Development and validation of a paper spray mass spectrometry method for the rapid quantitation of remdesivir and its active metabolite, GS-441524, in human plasma.

Introduction: Remdesivir (GS-5734) is a nucleoside analog prodrug with antiviral activity against several single-stranded RNA viruses, including the novel severe respiratory distress syndrome virus 2 (SARS-CoV-2). It is currently the only FDA-approved antiviral agent for the treatment of individuals with COVID-19 caused by SARS-CoV-2. However, remdesivir pharmacokinetics/pharmacodynamics (PK/PD) and toxicity data in humans are extremely limited. It is imperative that precise analytical methods for the quantification of remdesivir and its active metabolite, GS-441524, are developed for use in further studies. We report, herein, the first validated anti-viral paper spray-mass spectrometry (PS-MS/MS) assay for the quantification of remdesivir and GS-441524 in human plasma. We seek to highlight the utility of PS-MS/MS technology and automation advancements for its potential future use in clinical research and the clinical laboratory setting.
Methods: Calibration curves for remdesivir and GS-441524 were created utilizing seven plasma-based calibrants of varying concentrations and two isotopic internal standards of set concentrations. Four plasma-based quality controls were prepared in a similar fashion to the calibrants and utilized for validation. No sample preparation was needed. Briefly, plasma samples were spotted on a paper substrate contained within pre-manufactured plastic cassette plates, and the spots were dried for 1 h. The samples were then analyzed directly for 1.2 min utilizing PS-MS/MS. All experiments were performed on a Thermo Scientific Altis triple quadrupole mass spectrometer utilizing automated technology.
Results: The calibration ranges were 20 - 5000 and 100 - 25000 ng/mL for remdesivir and GS-441524, respectively. The calibration curves for the two antiviral agents showed excellent linearity (average R ²  = 0.99-1.00). The inter- and intra-day precision (%CV) across validation runs at four QC levels for both analytes was less than 11.2% and accuracy (%bias) was within ± 15%. Plasma calibrant stability was assessed and degradation for the 4 °C and room temperature samples were seen beginning at Day 7. The plasma calibrants were stable at -20 °C. No interference, matrix effects, or carryover was discovered during the validation process.

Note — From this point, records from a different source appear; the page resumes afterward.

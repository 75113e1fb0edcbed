-- ===== src/SchedulerStore/Dispatches.antt =====
-- The append-only dispatch records and their retention.
use ampa.Prelude.{
  ℕ, zero, suc, ◌-◌, ◌≤◌, ◌<◌, String, false, List, [], ◌∷◌, ◌++◌, Option, none, some, ◌≡◌, refl,
  ap, ◌∙◌, arith, if◌then◌else◌, length, drop, length-drop, length-append, ◌==◌, Bool-cases, inl,
  inr, str_eq, eq_iff,
}
use ampa.Value.{Value, Fields, end, field, str, get, get_default}
use ampa.SchedulerStore.{
  StoreData, set_field, has_field, set_default, take_last, Identity, dispatch_id, complete,
  append_dispatch,
}

-- The newest record of a list.
abbrev pub last {ℓ} : {A : Type ℓ} → List A → Option A
last [] = none
last (x ∷ []) = some x
last (x ∷ y ∷ ys) = last (y ∷ ys)

module _ {ℓ} {A : Type ℓ} where
  last-append : (xs : List A) (x : A) → last (xs ++ x ∷ []) ≡ some x
  last-append [] x = refl
  last-append (y ∷ []) x = refl
  last-append (y ∷ z ∷ zs) x = last-append (z ∷ zs) x

  drop-append :
      (n : ℕ) (xs : List A) (x : A) → n ≤ length xs → drop n (xs ++ x ∷ []) ≡ drop n xs ++ x ∷ []
  drop-append zero xs x h = refl
  drop-append (suc n) [] x h = absurd (omega arith)
  drop-append (suc n) (y ∷ ys) x h = drop-append n ys x (omega arith)

  last-take_last : (n : ℕ) (xs : List A) (x : A) → last (take_last n (xs ++ x ∷ [])) ≡ some x
  unfolding take_last
  last-take_last n xs x = elim (Bool-cases (n == 0)) [
    | inl whole ↦ rw whole (last-append xs x)
    | inr part ↦ rw part (
        ap last
          (drop-append (length (xs ++ x ∷ []) - n) xs x (ground (arith, length-append xs (x ∷ []))))
        ∙ last-append (drop (length (xs ++ x ∷ []) - n) xs) x)
  ]

  length-take_last : (n : ℕ) (xs : List A) → 0 < n → length (take_last n xs) ≤ n
  unfolding take_last
  length-take_last n xs h =
      let some_kept : (n == 0) ≡ false = ground arith in
      rw some_kept (omega (arith, length-drop (length xs - n) xs))

get-set_field :
    (k j : String) (v : Value) (fs : Fields)
    → get (set_field k v fs) j ≡ (if str_eq k j then v else get fs j)
unfolding set_field get_default
get-set_field k j v end = refl
get-set_field k j v (field i w fs) =
    ground (arith, eq_iff k j, eq_iff i k, eq_iff i j, get-set_field k j v fs)

get-set_default :
    (k j : String) (v : Value) (fs : Fields)
    → str_eq k j ≡ false
    → get (set_default k v fs) j ≡ get fs j
get-set_default k j v fs h = elim (Bool-cases (has_field k fs)) [
  | inl there ↦ rw there refl
  | inr missing ↦ rw missing (get-set_field k j v fs ∙ rw h refl)
]

module _ (who : Identity) (retain_last : ℕ) (given : Fields) (data_ : StoreData) where
  -- The newest record of the store after `append_dispatch` is the completed record that was given,
  -- whatever the retention.
  pub append_dispatch-last :
      last (append_dispatch who retain_last given data_).0.dispatches ≡ some (complete who given)
  unfolding append_dispatch
  append_dispatch-last = last-take_last retain_last data_.dispatches (complete who given)

  -- With a retention of at least one record, `append_dispatch` leaves at most that many records.
  pub append_dispatch-length :
      0 < retain_last
      → length (append_dispatch who retain_last given data_).0.dispatches ≤ retain_last
  unfolding append_dispatch
  append_dispatch-length h =
      length-take_last retain_last (data_.dispatches ++ complete who given ∷ []) h

  -- The id that `append_dispatch` returns is the id that the stored record carries.
  pub append_dispatch_id :
      get (complete who given) "id" ≡ str (append_dispatch who retain_last given data_).1
  unfolding append_dispatch complete
  append_dispatch_id =
      get-set_default "runner" "id" (str who.runner) _ refl
      ∙ get-set_default "session" "id" (str who.session) _ refl
      ∙ get-set_default "ts" "id" (str who.now) _ refl
      ∙ get-set_field "id" "id" (str (dispatch_id who given)) given
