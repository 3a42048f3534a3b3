-- ===== src/Tests/Managers.antt =====
-- Managers on the small host.
use open_download_manager.Prelude.{◌≤◌, ◌≡◌, ◌⊎◌, refl, true, List, [], ◌∷◌, none, arith}
use open_download_manager.Prelude.HashMap
use open_download_manager.Core.Error.{ok}
use open_download_manager.Core.State.{queued, downloading, completed}
use open_download_manager.Core.Backend.{DownloadId, http}
use open_download_manager.Manager.Config.{RecoveryPolicy}
use open_download_manager.Manager.Download.{Download}
use open_download_manager.Manager.Inner.{ManagerInner, count_active}
use open_download_manager.Manager.Invariant.{IsSound, state_of}
use open_download_manager.Manager.Schedule.{schedule, to_start}
use open_download_manager.Manager.Schedule.Invariant.{schedule_lem}
use open_download_manager.Manager.Calls.{DownloadSpec, enqueue, pause}
use open_download_manager.Manager.Recover.{recover, recover_one, recover_all, fresh, open_manager}
use open_download_manager.Manager.Recover.Rows.{queue_of}
use open_download_manager.Manager.Recover.Sound.{state_in}
use open_download_manager.Manager.Recover.Opened.{open_manager-IsSound}
use open_download_manager.Manager.Reach.{Reach, here, next, enqueues, pauses}
use open_download_manager.Manager.Reach.Sound.{Reach-IsSound}
use open_download_manager.Manager.Reach.Events.{IsTold}
use open_download_manager.Manager.Reach.Events.Told.{Reach-IsTold}
use open_download_manager.Tests.World.{libs, host, one_slot, row}

abbrev spec : DownloadSpec libs
spec = record {
  url = "https://example.com/b";
  destination = b'b' ∷ [];
  backend = http;
  overwrite = true;
  backend_meta = "";
}

abbrev pub idle : ManagerInner host
idle = record {
  config = one_slot;
  backends = http ∷ [];
  queue = record { order = [] };
  downloads = [];
  persistence = [];
  events = [];
  pause_intents = [];
  ticks = 0;
  next_notify = 0;
  notified = [];
  next_handle = 0;
  running = [];
}

idle-IsSound : IsSound idle
unfolding count_active HashMap.count
idle-IsSound = record {
  capped = omega arith;
  distinct = refl;
  waiting = λ j h. ground (arith, h);
  one_task = refl;
  tasked = λ j h. refl;
}

abbrev busy : ManagerInner host
busy = (pause 7 (enqueue 7 spec idle).1).1

history : Reach idle busy
history = next (next here (enqueues 7 spec (refl, refl))) (pauses 7)

-- A download is enqueued, which starts it, and paused while it runs.
Reach-IsSound_example : IsSound busy
Reach-IsSound_example = Reach-IsSound idle-IsSound history

abbrev rows : List (Download libs)
rows = row 1 downloading ∷ row 2 completed ∷ row 3 queued ∷ []

abbrev reopened : ManagerInner host
reopened = (recover_all rows (fresh {H = host} one_slot (http ∷ []) rows)).1

schedule_lem_example :
    (to_start (schedule reopened) ≡ none)
    × (((schedule reopened).config.max_concurrent_downloads
          ≤ count_active (schedule reopened).downloads)
        ⊎ ((schedule reopened).queue.order ≡ []))
    × (IsSound reopened → IsSound (schedule reopened))
schedule_lem_example = schedule_lem reopened

reopens : open_manager {H = host} one_slot (http ∷ []) (ok rows) ≡ ok reopened
unfolding open_manager fresh recover_all recover recover_one
reopens = refl

open_manager-IsSound_example :
    IsSound reopened
    × (count_active reopened.downloads ≡ 0)
    × (reopened.queue.order ≡ queue_of RecoveryPolicy.queued rows)
    × ((j : DownloadId)
        → state_of j reopened.downloads ≡ state_in RecoveryPolicy.queued j rows none)
open_manager-IsSound_example =
    open_manager-IsSound host one_slot (http ∷ []) rows rows reopened refl refl reopens

-- The events of the same history.
Reach-IsTold_example : IsTold busy
Reach-IsTold_example = Reach-IsTold {s = idle} refl history
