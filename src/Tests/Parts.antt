-- ===== src/Tests/Parts.antt =====
-- The state machine, the queue, the scheduler and the bandwidth share on concrete inputs.
use open_download_manager.Prelude.{
  ℕ, ◌+◌, ◌*◌, ◌-◌, ◌≤◌, ◌<◌, ◌≡◌, ◌↔◌, ◌⊎◌, refl, false, List, [], ◌∷◌, ◌++◌, Option, none, some,
  arith, length, min, max, ◌==◌, if◌then◌else◌,
}
use open_download_manager.Core.Error.{ok}
use open_download_manager.Core.State.{
  queued, downloading, paused, completed, transition, display, from_str,
}
use open_download_manager.Core.State.Lifecycle.{
  ◌⟶◌, ◌⟶*◌, IsFinal, transition_iff, lifecycle_ends, from_str_iff,
}
use open_download_manager.Manager.Queue.{Queue, new, remove, enqueue, contains}
use open_download_manager.Manager.Queue.Laws.{remove_lem, drain, enqueue_all, drain-enqueue_all}
use open_download_manager.Manager.Scheduler.{select_for_start, select_for_start_lem}
use open_download_manager.Manager.Bandwidth.{
  limiter_for, TokenBucket, Acquire, acquire, sleeping, bucket,
}
use open_download_manager.Manager.Bandwidth
use open_download_manager.Manager.Bandwidth.Policy.{limiter_for_iff, limiter_for-none}
use open_download_manager.Manager.Bandwidth.Bucket.{
  IsWithin, held, acquire_never_returns, acquire-IsWithin,
}
use open_download_manager.Tests.World.{whole, whole-Ordered}

transition_iff_example :
    (transition downloading paused ≡ ok paused) ↔ ((downloading ⟶ paused) × (paused ≡ paused))
transition_iff_example = transition_iff downloading paused paused

lifecycle_ends_example :
    (IsFinal completed → completed ⟶* queued → queued ≡ completed)
    × (¬ IsFinal completed → completed ⟶* completed)
lifecycle_ends_example = lifecycle_ends completed queued

from_str_iff_example : (from_str "paused" ≡ ok paused) ↔ ("paused" ≡ display paused)
from_str_iff_example = from_str_iff "paused" paused

abbrev three : Queue
three = record { order = 4 ∷ 5 ∷ 6 ∷ [] }

remove_lem_example :
    ((remove three 5).1 ≡ contains 5 three)
    × (contains 6 (remove three 5).0 ≡ (if 5 == 6 then false else contains 6 three))
    × ((remove (enqueue three 6) 5).0
        ≡ (if 6 == 5 then (remove three 5).0 else enqueue (remove three 5).0 6))
remove_lem_example = remove_lem three 5 6

drain-enqueue_all_example : drain 2 (enqueue_all (8 ∷ 9 ∷ []) new) ≡ 8 ∷ 9 ∷ []
drain-enqueue_all_example = drain-enqueue_all (8 ∷ 9 ∷ [])

select_for_start_lem_example :
    ((later : List ℕ) × (select_for_start three 1 3 ++ later ≡ 4 ∷ 5 ∷ 6 ∷ []))
    × (length (select_for_start three 1 3) ≡ min (3 - 1) 3)
    × (1 + length (select_for_start three 1 3) ≤ max 1 3)
select_for_start_lem_example = select_for_start_lem three 1 3

limiter_for_iff_example :
    (limiter_for (Bandwidth.new (some 10)) 3 ≡ some 3)
    ↔ ((0 < 3) × (max 3 1 * 3 ≤ 10) × (10 < max 3 1 * (3 + 1)))
limiter_for_iff_example = limiter_for_iff 10 3 3

abbrev two : Option ℕ
two = some 2

limiter_for-none_example :
    (limiter_for (Bandwidth.new two) 5 ≡ none)
    ↔ ((two ≡ none) ⊎ ((total : ℕ) × (two ≡ some total) × (total < max 5 1)))
limiter_for-none_example = limiter_for-none two 5

abbrev slow : TokenBucket whole
slow = record { rate = 4; tokens = 1 }

four_not_zero : ¬ (slow.rate ≡ 0)
four_not_zero h = omega (arith, h)

acquire_never_returns_example :
    (w : ℕ) × (c : TokenBucket whole) × (acquire whole slow 9 (1 ∷ 2 ∷ 3 ∷ []) ≡ sleeping w c)
acquire_never_returns_example =
    acquire_never_returns whole whole-Ordered slow 9 (1 ∷ 2 ∷ 3 ∷ []) four_not_zero refl

-- It sleeps over two rounds and then takes its three bytes.
acquire-IsWithin_example :
    IsWithin whole (bucket whole 7)
    × IsWithin whole (held whole (acquire whole slow 3 (0 ∷ 0 ∷ 2 ∷ [])))
    × ((held whole (acquire whole slow 3 (0 ∷ 0 ∷ 2 ∷ []))).rate ≡ 4)
acquire-IsWithin_example = acquire-IsWithin whole whole-Ordered slow 3 7 (0 ∷ 0 ∷ 2 ∷ []) refl
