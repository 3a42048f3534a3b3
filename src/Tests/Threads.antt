-- ===== src/Tests/Threads.antt =====
-- Two threads that start downloads at the same time, and two transfers that share a cap.
use open_download_manager.Prelude.{
  ℕ, ◌+◌, ◌-◌, ◌≤◌, ◌<◌, ◌≡◌, refl, List, [], ◌∷◌, none, some, arith,
}
use open_download_manager.Prelude.HashMap
use open_download_manager.Core.State.{queued, starting, downloading, transition}
use open_download_manager.Manager.Bandwidth.{limiter_for}
use open_download_manager.Manager.Bandwidth
use open_download_manager.Manager.Inner.{
  ManagedDownload, ManagerInner, count_active, managed, publish, requeue, set_downloads, tick,
}
use open_download_manager.Manager.Transition.{transition_state, on_info, mark}
use open_download_manager.Manager.Calls.{pause, admit}
use open_download_manager.Manager.Reach.{pauses}
use open_download_manager.Manager.Threads.{tests, begins, admits}
use open_download_manager.Manager.Threads.History.{History, begin, step, call, History-bounded}
use open_download_manager.Tests.World.{libs, host, one_slot, row}
use open_download_manager.Tests.Managers.{idle}

-- Two queued downloads, and a limit of one.
abbrev both_queued : ManagerInner host
both_queued = admit 8 (row 8 queued) (admit 7 (row 7 queued) idle)

abbrev both_started : ManagerInner host
both_started = (transition_state 8 starting none (transition_state 7 starting none both_queued).1).1

free_slot : count_active both_queued.downloads < both_queued.config.max_concurrent_downloads
unfolding count_active HashMap.count admit HashMap.insert managed publish requeue set_downloads
free_slot = omega arith

none_active : count_active idle.downloads ≤ idle.config.max_concurrent_downloads
unfolding count_active HashMap.count
none_active = omega arith

-- Both threads find the free slot, and then each starts a download; one then pauses it.
race : History 2 (idle, 0) ((pause 7 both_started).1, 0)
unfolding admit publish requeue set_downloads HashMap.insert
race =
    let one_waits : History 2 (idle, 0) (admit 7 (row 7 queued) idle, 0) =
      step begin (admits 7 (row 7 queued) refl refl) in
    let waiting : History 2 (idle, 0) (both_queued, 0) =
      step one_waits (admits 8 (row 8 queued) refl refl) in
    let tested : History 2 (idle, 0) (both_queued, 2) =
      step (step waiting (tests free_slot (omega arith))) (tests free_slot (omega arith)) in
    call (step (step tested (begins 7)) (begins 8)) (omega arith) (pauses 7)

passed : count_active both_started.downloads ≡ 2
unfolding count_active HashMap.count transition_state tick admit publish requeue set_downloads
    HashMap.insert transition managed HashMap.update on_info mark
passed = refl

-- The history passes the limit of one, by one.
History-bounded_example :
    ((pause 7 both_started).1.config ≡ idle.config)
    × (count_active (pause 7 both_started).1.downloads + 0
        ≤ idle.config.max_concurrent_downloads + (2 - 1))
History-bounded_example = History-bounded 2 none_active race

-- Managers with a cap of ten bytes per second and the downloads that are given.
abbrev capped : List (ℕ × ManagedDownload libs) → ManagerInner host
capped m = record idle {
  config = record one_slot { bandwidth = Bandwidth.new (some 10) };
  downloads = m;
}

abbrev alone : ManagerInner host
alone = capped ((1, managed (row 1 downloading)) ∷ [])

abbrev joined : ManagerInner host
joined = capped ((1, managed (row 1 downloading)) ∷ (2, managed (row 2 downloading)) ∷ [])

Conclusions: PS-MS/MS represents a useful methodology for rapidly quantifying remdesivir and GS-441524, which may be useful for clinical PK/PD, therapeutic drug monitoring (TDM), and toxicity assessment, particularly during the current COVID-19 pandemic and future viral outbreaks.
Competing Interests: The authors declare the following financial interests/personal relationships which may be considered as potential competing interests: The authors report financial support from Thermo Scientific for portions of this work. Dr. Manicke is an inventor on the patent “Ion Generation using Wetted Porous Material” issued to Purdue Research Foundation.
(© 2022 THE AUTHORS. Publishing services by ELSEVIER B.V. on behalf of MSACL.)